The same with Knapp’s siblings and their families, older brother Ed, older sister Valerie and younger sister Vivian. “They all live in Montreal or Toronto.”

So Greg stopped “ordering everything” from Whirlpool before this week’s tariffs hit — “the elephant in the room” — will jack up prices.

“I think we placed our last order 11 days ago.”

That’s because “quite a few people want to get it from us” before the store goes out of business “and they’ve bought here before.

“It’s all got to go. Appliances go every day. Yesterday, I think I sold four of these,” he said standing between a white washing machine and red fridge. “And these people in the store now are buying five.”

As for selling the business as a going-concern, he said “never say never.

“But “the business is not formally listed for sale.

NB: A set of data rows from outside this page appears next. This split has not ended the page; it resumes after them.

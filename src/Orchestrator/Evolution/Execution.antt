-- ===== src/Orchestrator/Evolution/Execution.antt =====
-- One execution of a task under `Evolves`.
use software_engineering_age.Prelude.{String, refl, Option, none, some}
use software_engineering_age.Domain.{TaskView, EnvironmentStatus}
use software_engineering_age.Effects.{
  Exn, Result, ok, err, cancelled_error, Action, modify, or_else,
}
use software_engineering_age.Effects.Rules.{Respects, respects_rules, IsPreorder}
use software_engineering_age.Models.{World}
use software_engineering_age.Orchestrator.Execute.{
  count_started, or_allocate, Services, Frame, on_world, set_workspace, execute, allocate_for,
  find_workspace, execute_body, on_cancelled, on_exception, release_workspace, clean_up, mark_ready,
  persist_failed, suppressed, handle,
}
use software_engineering_age.Runtime.Workspace.{Workspace}
use software_engineering_age.Orchestrator.Evolution.{Evolves, Evolves_order, Evolves_same}
use software_engineering_age.Orchestrator.Evolution.Operations.{
  evolves_rules, append-Evolves, require-Evolves,
}
use software_engineering_age.Orchestrator.Evolution.Parts.{
  IsTame, mark-Evolves, attach_to-Evolves, place-Evolves, pick_up-Evolves, run_in-Evolves,
  count_allocation-Evolves, count_failed-Evolves, count_stopped-Evolves,
}

-- The same of an execution's frame.
abbrev FrameEvolves : Frame → Frame → Type 0
FrameEvolves f g = Evolves f.world g.world

frame_order : IsPreorder FrameEvolves
frame_order = record {
  reflexive = λ f. Evolves_order.reflexive f.world;
  transitive = λ f g h. Evolves_order.transitive f.world g.world h.world;
}

on_world-Evolves :
    {A : Type 0} (m : Action World A) → Respects Evolves m → Respects FrameEvolves (on_world m)
unfolding on_world
on_world-Evolves m h = record { at = λ f. h.at f.world }

set_workspace-Evolves :
    (workspace : Option Workspace) → Respects FrameEvolves (set_workspace workspace)
unfolding set_workspace modify
set_workspace-Evolves workspace = record { at = λ f. Evolves_order.reflexive f.world }

ruleset frame_rules = (
  respects_rules, frame_order, on_world-Evolves, set_workspace-Evolves, append-Evolves,
  require-Evolves,
)

module _ (services : Services) (tame : IsTame services) where
  allocate_for-Evolves : (task : TaskView) → Respects FrameEvolves (allocate_for services task)
  unfolding allocate_for
  allocate_for-Evolves task = search (frame_rules, tame.allocate, count_allocation-Evolves) depth 14

  or_allocate-Evolves :
      (task : TaskView) (found : Option Workspace)
      → Respects FrameEvolves (or_allocate services task found)
  unfolding or_allocate
  or_allocate-Evolves task none = allocate_for-Evolves task
  or_allocate-Evolves task (some workspace) = search frame_rules

  find_workspace-Evolves : (task : TaskView) → Respects FrameEvolves (find_workspace services task)
  unfolding find_workspace
  find_workspace-Evolves task =
      search (frame_rules, or_allocate-Evolves, attach_to-Evolves services tame) depth 10

  execute_body-Evolves : (id : String) → Respects FrameEvolves (execute_body services id)
  unfolding execute_body
  execute_body-Evolves id =
      search
        (
          frame_rules,
          pick_up-Evolves,
          place-Evolves,
          find_workspace-Evolves,
          run_in-Evolves services tame,
        )
        depth 14

on_cancelled-Evolves : (id : String) → Respects Evolves (on_cancelled id)
unfolding on_cancelled
on_cancelled-Evolves id = search evolves_rules depth 16

mark_ready-Evolves : (workspace : Option Workspace) → Respects Evolves (mark_ready workspace)
mark_ready-Evolves none = search evolves_rules
mark_ready-Evolves (some workspace) = mark-Evolves workspace.environment_id EnvironmentStatus.ready

persist_failed-Evolves : (e : Exn) → Respects Evolves (persist_failed e)
persist_failed-Evolves cancelled_error = search evolves_rules
persist_failed-Evolves _ = search evolves_rules

suppressed-Evolves : (e : Exn) → Respects Evolves (suppressed e)
suppressed-Evolves cancelled_error = search evolves_rules
suppressed-Evolves _ = search evolves_rules

on_exception-Evolves :
    (id : String) (workspace : Option Workspace) (e : Exn)
    → Respects Evolves (on_exception id workspace e)
unfolding on_exception
on_exception-Evolves id workspace e =
    search (evolves_rules, mark_ready-Evolves, persist_failed-Evolves, count_failed-Evolves) depth
      16

handle-Evolves :
    (id : String) (workspace : Option Workspace) (e : Exn)
    → Respects Evolves (handle id workspace e)
handle-Evolves id workspace cancelled_error = on_cancelled-Evolves id
handle-Evolves id workspace _ = on_exception-Evolves id workspace _

or_else-Evolves :
    (r : Result (Unit {0})) (handler : Exn → Action World (Unit {0})) (w : World)
    → ((e : Exn) → Respects Evolves (handler e))
    → Evolves w (or_else r handler w).1
or_else-Evolves (ok a) handler w h = Evolves_order.reflexive w
or_else-Evolves (err e) handler w h = (h e).at w

module _ (services : Services) (tame : IsTame services) where
  clean_up-Evolves :
      (id : String) (workspace : Option Workspace)
      → Respects Evolves (clean_up services id workspace)
  unfolding clean_up release_workspace
  clean_up-Evolves id none = search (evolves_rules, count_stopped-Evolves) depth 8
  clean_up-Evolves id (some workspace) =
      search (evolves_rules, tame.release, suppressed-Evolves, count_stopped-Evolves) depth 12

  -- One execution of a task, whatever happens in it, evolves every task.
  pub execute-Evolves : (id : String) → Respects Evolves (execute services id)
  unfolding execute
  execute-Evolves id = record {
    at = λ w.
        let frame : Frame = record { world = count_started w; workspace = none } in
        let (body, f) = execute_body services id frame in
        let (outcome, w₁) = or_else body (handle id f.workspace) f.world in
        Evolves_order.transitive w w₁ _
          (Evolves_order.transitive w f.world w₁
            (Evolves_order.transitive w (count_started w) f.world
              (Evolves_same w (count_started w) refl)
              ((execute_body-Evolves services tame id).at frame))
            (or_else-Evolves body (handle id f.workspace) f.world (handle-Evolves id f.workspace)))
          ((clean_up-Evolves id f.workspace).at w₁);
  }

“There are various options, but nobody’s made … they can’t make me an offer because it hasn’t gone on the market. Once it goes public, then we’ll see.”

He said “young people can’t really take if over because it requires so much capital. And your competitor is people (chains) that are trade on the Toronto Stock Exchange.

“It’s tough competition.”

Knapp’s own all the stock and doesn’t operate on a consignment basis.

“We own everything. That’s different from our competition.”

So for now Greg and Colleen are working even harder to liquidate their entire inventory in the coming days and weeks.

As well as taking care of the furniture and appliance business, family business and dreaming of maybe a Muskoka long weekend stay-cation following the Segwun and Wenonah II where the ships take them into that west Muskoka sunset.

Possibly through The Narrows where they can maybe sit down at a table and have that whisky on a day and time that’s past the yard arm.